第9話 わたしたちは大切にしてほしい

 一週間まえ、学校で友達と口論になった。それ以降、恋人クロエのようすがおかしい。メッセージを送っても返事が帰ってくるのは翌々日だし、学校であってもはなしてくれない。ようやく事情がきけたのはそれからさらに十日後の放課後のことだった。


「だってブルーノ、学校でグループのみんなが片づけをしなかったくらいで怒鳴るんだもん」

 彼女はすぐに怒りにまかせるブルーノが嫌いだという。


「だったらぼくが毎回毎回、にこにこして注意してたらよかったっていうのか」


「そんなこといってないじゃない」


「ごめん、ぼくが悪かったよ。このはなしはもうおわりにしよう」

 どうしてぼくが謝らないといけないんだ。でもこうやって相手がしおれた顔をすると、ブルーノは謝らずにはいられなかった。むしゃくしゃしてメニュー表をぐちゃぐちゃにしたくなる衝動をおさえ〈季節の限定メニュー〉をひらいた。

 家に帰るやいなやベッドに倒れこんでうごきたくなくなる。結局、気分が乗らないといわれて、パフェをたのむことはなかった。感情をおもてにだすのがそんなに悪いことなのか。

(ぼくは他人ひとよりも感情を我慢しているとおもうけれど)

 クロエはそうはおもってくれないらしい。翌日の昼間、部屋で魔道具を確認するけれど彼女からのメッセージはない。ブルーノは二階のキッチンで、母がつくりおいてくれたミートパイを食べて部屋へ戻った。魔道具には未読メッセージを知らせるランプがついていた。


「なんだ、ロックか」

 メッセージのあるじは彼女じゃなかった。

 そうか、学校を休むついでにバイトも休んだから、しわよせがあいつにいったのか。


『ぐあい悪いんだって?大丈夫かよ』 かえす言葉がみつからない。







「ピーンポーン」

 チャイムのおとで目がさめた。なんてかえすか考えているうちにベッドで寝てしまっていたらしい。目ヤニをこすりながら、ぼさぼさの髪をなでつけて玄関へむかった。


「うわまじで具合悪そうじゃん」


「なんかようか」


「なんかようかじゃねえよ。おまえ返事しないからさあ、店長に明日出勤できるのかきいてきてくれっていわれたんだよ」


「ああ————悪い。無理そう」


「わかった。いま連絡しとくよ」

 ロックはそういいながら家にあがってくる。いや帰らないのかよとはいえず、ふたりで一階のリビングにすわった。


「いやあ疲れた。今日すげえめんどくさい客きたんだぜ。あ、これしいれな」

 彼はジュースをあおりながら、お菓子や飲み物がたんまりはいった袋をわたしてきた。


「ありがとう、いくらした」


「いいよそんなん。店長が金払ってくれてっから、てかさ。おまえ進路どうするのか決めた?」


「いや」

 そいえば彼女と同じとこいって同棲しようみたいなはなししてたなあ。今のままじゃ無理だろうな。


「ふーん」ロックはじいっとしばらくみつめてきた。


「彼女となんかあったの」

 図星でこたえられずにいると、彼は「やっぱ女がらみか」と足をのばして笑った。
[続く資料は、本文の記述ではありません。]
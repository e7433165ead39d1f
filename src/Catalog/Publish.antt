-- ===== src/Catalog/Publish.antt =====
-- internal/catalog/file_catalog.go: the defaults of a deployment, the publication of a release, and
-- the overrides of tags.
use windforce_lite.Prelude.{
  ◌==◌, ◌&&◌, Option, none, some, List, [], ◌∷◌, ◌++◌, if◌then◌else◌, is_nil,
}
use windforce_lite.Prelude.Int.{ℤ, pos, negsuc}
use windforce_lite.Str.{Str, str, str_eq, trim_space}
use windforce_lite.Table.{Table, get, put, map_values}
use windforce_lite.Contract.{
  Deployment, Action, default_route_tag, source_workspace, source_git_source_id,
}
use windforce_lite.State.Types.{Time, non_zero_time, deployment_not_found, action_not_found}
use windforce_lite.State.Result.{Result, ok, ◌>>=◌, or_fail}
use windforce_lite.Catalog.{
  AuditRecord, DeploymentHistory, CatalogSnapshot, deployment_key, source_release_key,
}

-- contract.DefaultTimeoutS
abbrev pub default_timeout_s : ℤ
default_timeout_s = pos 300

abbrev or_default_timeout : ℤ → ℤ
or_default_timeout (pos n) = if n == 0 then default_timeout_s else pos n
or_default_timeout (negsuc n) = negsuc n

unfoldable pub normalize_deployment_defaults : Deployment → Deployment
normalize_deployment_defaults d = record d {
  tag = if is_nil d.tag then default_route_tag else d.tag;
  timeout_s = or_default_timeout d.timeout_s;
  script_lang = if is_nil d.script_lang then str "typescript" else d.script_lang;
}

-- if updatedAt == nil { updatedAt = &at }
abbrev pub or_time : Option Time → Time → Option Time
or_time none at = some at
or_time (some t) at = some t

abbrev stamped_action : Time → Action → Action
stamped_action at a = record a { updated_at = or_time a.updated_at at }

abbrev stamped_actions : Time → Option (Table Action) → Option (Table Action)
stamped_actions at none = none
stamped_actions at (some actions) = some (map_values (stamped_action at) actions)

unfoldable pub ensure_deployment_updated_at : Deployment → Time → Deployment
ensure_deployment_updated_at d at = record d {
  updated_at = or_time d.updated_at at;
  actions = stamped_actions at d.actions;
}

-- An optional text counts if it is there and not blank; it is read trimmed.
abbrev pub or_trimmed : Str → Option Str → Str
or_trimmed fallback none = fallback
or_trimmed fallback (some s) = if is_nil (trim_space s) then fallback else trim_space s

-- `fresh` is what newAppVersionID draws.
unfoldable pub new_deployment_history : Str → Deployment → Time → DeploymentHistory
new_deployment_history fresh d created_at = record {
  id = fresh;
  workspace = source_workspace d;
  git_source_id = source_git_source_id d;
  app = d.app;
  commit = d.commit;
  entrypoint = d.entrypoint;
  source = if is_nil (trim_space d.source) then str "external_sync" else trim_space d.source;
  status = str "deployed";
  deployment_id = d.deployment_id;
  message = d.message;
  created_by = d.created_by;
  object_uri = d.object_uri;
  deployment = d;
  created_at = created_at;
}

unfoldable pub new_release_audit : DeploymentHistory → AuditRecord
new_release_audit history = record {
  id = history.id;
  workspace = history.workspace;
  git_source_id = history.git_source_id;
  app = history.app;
  kind = str "release_published";
  detail = or_trimmed (str "commit " ++ history.commit) history.message;
  actor = or_trimmed (str "system") history.created_by;
  created_at = history.created_at;
}

unfoldable pub prepare_publication :
    Str → Deployment → Time → Time → Deployment × DeploymentHistory × AuditRecord
unfolding normalize_deployment_defaults ensure_deployment_updated_at new_deployment_history
    new_release_audit
prepare_publication fresh d released_at now =
    let at = non_zero_time released_at now in
    let published = ensure_deployment_updated_at (normalize_deployment_defaults d) at in
    let history = new_deployment_history fresh published at in
    (published, history, new_release_audit history)

-- The writes of PublishRelease.
unfoldable pub add_publication :
    CatalogSnapshot → Deployment → DeploymentHistory → AuditRecord → CatalogSnapshot
add_publication s published history audit = record s {
  deployments =
      put (deployment_key (source_workspace published) published.app) published s.deployments;
  active_history_ids =
      put (deployment_key (source_workspace published) published.app) history.id
        s.active_history_ids;
  history = s.history ++ history ∷ [];
  audit = s.audit ++ audit ∷ [];
  source_markers =
      put (source_release_key (source_workspace published) (source_git_source_id published))
        (record {
          workspace = source_workspace published;
          git_source_id = source_git_source_id published;
          commit = published.commit;
          released_at = history.created_at;
        })
        s.source_markers;
}

unfoldable pub prepare_audit_record : Str → AuditRecord → Time → AuditRecord
prepare_audit_record fresh r created_at = record r {
  created_at = non_zero_time r.created_at created_at;
  id = if is_nil r.id then fresh else r.id;
}

unfoldable pub append_audit_record : Str → AuditRecord → CatalogSnapshot → Time → CatalogSnapshot
unfolding prepare_audit_record
append_audit_record fresh r s now = record s {
  audit = s.audit ++ prepare_audit_record fresh r now ∷ [];
}

unfoldable pub audit_trail : Str → Str → List AuditRecord → List AuditRecord
audit_trail workspace git_source_id [] = []
audit_trail workspace git_source_id (r ∷ records) =
    if str_eq r.workspace workspace && str_eq r.git_source_id git_source_id
    then r ∷ audit_trail workspace git_source_id records
    else audit_trail workspace git_source_id records

unfoldable pub get_deployment_for_workspace : Str → Str → CatalogSnapshot → Result Deployment
get_deployment_for_workspace workspace app s =
    or_fail (get (deployment_key workspace app) s.deployments) deployment_not_found

unfoldable pub set_app_tag_override :
    Str → Str → Option Str → CatalogSnapshot → Time → Result (CatalogSnapshot × Deployment)
set_app_tag_override workspace app tag_override s now = do
  d ← or_fail (get (deployment_key workspace app) s.deployments) deployment_not_found
  let updated = record d { tag_override = tag_override; updated_at = some now }
  ok (record s { deployments = put (deployment_key workspace app) updated s.deployments }, updated)

abbrev actions_of : Option (Table Action) → Table Action
actions_of none = []
actions_of (some actions) = actions

unfoldable pub set_action_tag_override :
    Str → Str → Str → Option Str → CatalogSnapshot → Time → Result (CatalogSnapshot × Action)
set_action_tag_override workspace app action_key tag_override s now = do
  d ← or_fail (get (deployment_key workspace app) s.deployments) deployment_not_found
  a ← or_fail (get action_key (actions_of d.actions)) action_not_found
  let updated = record a { tag_override = tag_override; updated_at = some now }
  let written = record d { actions = some (put action_key updated (actions_of d.actions)) }
  ok (record s { deployments = put (deployment_key workspace app) written s.deployments }, updated)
どうしてわかるんだろうか。


「二年も一緒にバイトしてたらそりゃわかるさ。で、なにがあったんだよ」

 他学院のこいつにならぐちってもばれないか。ブルーノはたまりにたまっていたクロエへのうっぷんをすこしづつはきだした。途中からはヒートアップして何をどこまではなしたのかわからなくなっていたが、もうなんとでもなれ。それよりもロックがそっけなくうなずいていたのがに食わなかった。


「そりゃおまえが未熟だったんじゃないか。怒ってるやつって結構めんどくさいし、面白くて怖いからな」


「んだよそれ」意味がわからない。



「いやはたからみてるとおもろいんだけど、ほこさきがこっちにむくと怖いのよ。あとめんどいし」

 こいつは怒ったことがないのだろうか。


「ま、ちょっといいレストラン予約して、ちょっといいプレゼントでも準備して、仲直りしたらいいじゃん?」

 ロックが帰るというので玄関まで見送ると、すっかり日が暮れていた。仲直りか。果たしてうまくいくのだろうか。無力感にすべてを投げだしたくなっているのにもかかわらず、ブルーノは魔道具で評判のいいレストランを検索するのであった。